Isn't that the tricky thing about food: our emotions say, "Great job! You did it!" On a fundamental level, our emotions confuse pleasure with success. On some level, we don't view food as the fuel, but see it as the destination.
In 2019, you'll see me at 155. Clearly, I have no interest in stopping this weightloss train.
...and this is a night train. I cut through the nocturnal, across the deepest hours past midnight. While a lone wolf beneath the glow of the moon, I find that disappointments just cultivate backstory. That rumbling sound you hear off in the distance is me making a break for daylight. "I don't care if it takes all night. Gonna set this town alight, c'mon!"
‘Cause When the Feelin's Right, I'm Gonna Run All Night (1984).
Tuesday, November 6, 2018
Two weeks from now, I'll climb atop that medical scale of mine, and see what kind of results I pulled in The 5th Expedition. It won't be close to the production of The 4th Expedition, a sixweek lb loss of 14.9%, the best out of all Expeditions.
That said, I would like to beat out The Second Expedition's 10.8%. Though the two periods dealt with different weights, I may have a shot at beating it. While the first half of The Second was comparable to my current calories, I experimented with a keto diet and was about 242 calories a day more than I do now (1185 kcal). But on the flip side, I spent more of mornings in my cardio...
And quite honestly, with 2/3's of the way there, there's not a lot that I can do; I should beat it, however. That aside, it's a milestone, not a destination. For all the pavement that I've passed this year, I've got a long ride ahead. And big picture: it's just a component of what I'm trying to accomplish. Yet, I really do hope I'm around 215 in two weeks, putting me in striking range for a sub-200 New Year's.

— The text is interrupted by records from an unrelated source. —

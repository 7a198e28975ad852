-- ===== src/KmallocMap.antt =====
-- Two modules that let user processes map memory from kmalloc: ex7.c (Printing; static_ex6_ver6.c is
-- the same file) and new_st.c (Clearing). Here stands what they share: the memory as a map from
-- addresses to bytes, the rounding up to a page, and the loops over the pages, which both files
-- write alike.
mod Bytes
mod Pages
mod Printing
mod Clearing
mod Shown
mod Sessions
mod Examples
use lkms.Prelude.{
  ℕ, zero, suc, ◌+◌, ◌-◌, ◌*◌, ◌/◌, ◌%◌, ◌==◌, leb, ltb, if◌then◌else◌, Bool, true, false, ◌&&◌,
  Option, none, some, List, [], ◌∷◌, ◌++◌, ℤ, pos, neg, negsuc, ◌==ℤ◌, add64, sub64, length, drop,
  replicate, page_size,
}
use lkms.Kernel.Run.{Run, ok, fault, out_of_fuel, ◌>>=◌}

-- PAGES
abbrev pub page_limit : ℕ
page_limit = 16

-- The modules' variables, the bytes of the memory, and which pages are marked reserved. The
-- memory that kmalloc gave is in use while `allocated` is set.
pub record State : Type 0 where
  pub kmalloc_ptr : ℕ
  pub kmalloc_area : ℕ
  pub end : ℕ
  pub major_number : ℤ
  pub memory : ℕ → ℕ
  pub reserved : ℕ → Bool
  pub allocated : Bool

-- `(ptr + PAGE_SIZE - 1) & PAGE_MASK`
pub page_align : ℕ → ℕ
page_align ptr = sub64 (add64 ptr page_size) 1 / page_size * page_size

-- `n` bytes at `a` lie in the memory from kmalloc, which is (PAGES + 2) pages long.
pub is_inside : (a n : ℕ) → State → Bool
is_inside a n s =
    s.allocated
    && (leb s.kmalloc_ptr a && leb (a + n) (s.kmalloc_ptr + (page_limit + 2) * page_size))

abbrev pub put : (ℕ → ℕ) → ℕ → ℕ → ℕ → ℕ
put m a v b = if a == b then v else m b

pub put_bytes : (a : ℕ) → List ℕ → (ℕ → ℕ) → ℕ → ℕ
put_bytes a [] m = m
put_bytes a (v ∷ vs) m = put_bytes (a + 1) vs (put m a v)

-- memcpy and memset to an address
pub store : (a : ℕ) → List ℕ → State → Run State
store a vs s =
    if is_inside a (length vs) s then ok (record s { memory = put_bytes a vs s.memory }) else fault

-- What %s prints from an address on: the bytes before the first NUL.
pub c_string : ℕ → (a : ℕ) → State → Run (List ℕ)
c_string zero a s = out_of_fuel
c_string (suc fuel) a s =
    let rest = c_string fuel (a + 1) s >>= λ text. ok (s.memory a ∷ text) in
    if is_inside a 1 s then (if s.memory a == 0 then ok [] else rest) else fault

-- "This is kernel : writing on page ", and what %d adds for a number below 100
abbrev pub writing_on_page : List ℕ
writing_on_page =
    84 ∷ 104 ∷ 105 ∷ 115 ∷ 32 ∷ 105 ∷ 115 ∷ 32 ∷ 107 ∷ 101 ∷ 114 ∷ 110 ∷ 101 ∷ 108 ∷ 32 ∷ 58 ∷ 32
    ∷ 119 ∷ 114 ∷ 105 ∷ 116 ∷ 105 ∷ 110 ∷ 103 ∷ 32 ∷ 111 ∷ 110 ∷ 32 ∷ 112 ∷ 97 ∷ 103 ∷ 101 ∷ 32 ∷ []

pub decimal : ℕ → List ℕ
decimal n = if ltb n 10 then (48 + n) ∷ [] else (48 + n / 10) ∷ (48 + n % 10) ∷ []

pub page_text : ℕ → List ℕ
page_text count = writing_on_page ++ decimal count

-- sprintf into an array: the text, a NUL, and behind them what was there before.
pub sprintf : (text buffer : List ℕ) → Run (List ℕ)
sprintf text buffer =
    if leb (length text + 1) (length buffer)
    then ok (text ++ (0 ∷ drop (length text + 1) buffer))
    else fault

-- `for (i = 0; i < PAGES * PAGE_SIZE; i += PAGE_SIZE) SetPageReserved(virt_to_page(area + i));`
pub reserve_pages : ℕ → (i : ℕ) → State → Run State
reserve_pages zero i s = out_of_fuel
reserve_pages (suc fuel) i s = elim (ltb i (page_limit * page_size)) [
  | true ↦ reserve_pages fuel (i + page_size) (record s {
    reserved = λ p. if (s.kmalloc_area + i) / page_size == p then true else s.reserved p;
  })
  | false ↦ ok s
]

-- `for (i = kmalloc_area; i < end; i += PAGE_SIZE)` with a printk of the text at each page
pub print_pages : ℕ → (i end : ℕ) → State → Run (List (List ℕ))
print_pages zero i e s = out_of_fuel
print_pages (suc fuel) i e s = elim (ltb i e) [
  | true ↦ c_string page_size i s >>= λ text.
      print_pages fuel (add64 i page_size) e s >>= λ texts. ok (text ∷ texts)
  | false ↦ ok []
]

-- `char_mmap`: its result, and what it asks remap_pfn_range for, the first page and the size;
-- `ret` is remap_pfn_range's answer.
pub char_mmap :
    (virt_to_phys : ℕ → ℕ) → (ret : ℤ) → (vm_start vm_end : ℕ) → State → ℤ × Option (ℕ × ℕ)
char_mmap virt_to_phys ret vm_start vm_end s =
    let size = sub64 vm_end vm_start in
    if ltb (page_limit * page_size) size then (neg 5, none) else elim ret [
      | negsuc e ↦ (negsuc e, some (virt_to_phys s.kmalloc_area / page_size, size))
      | pos n ↦ (pos 0, some (virt_to_phys s.kmalloc_area / page_size, size))
    ]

What Happens in the Monomyth When the Supernatural Aid Just Doesn't Show Up?
While I thought my future was multi-pronged, things are in doubt. Yesterday, my biggest issue was just that I was pressing to have time to get prepared for The First Day of School. Yet now, pivotal questions have arose regarding financial aid. While previously I had it on authority that everything was good, in practice, this gambler may be out of aces. I've made an inquiry and I'll see in the next few days which fork in these woods I'll take.
I don't care "'cause when the feelin's right, I'm gonna run all night."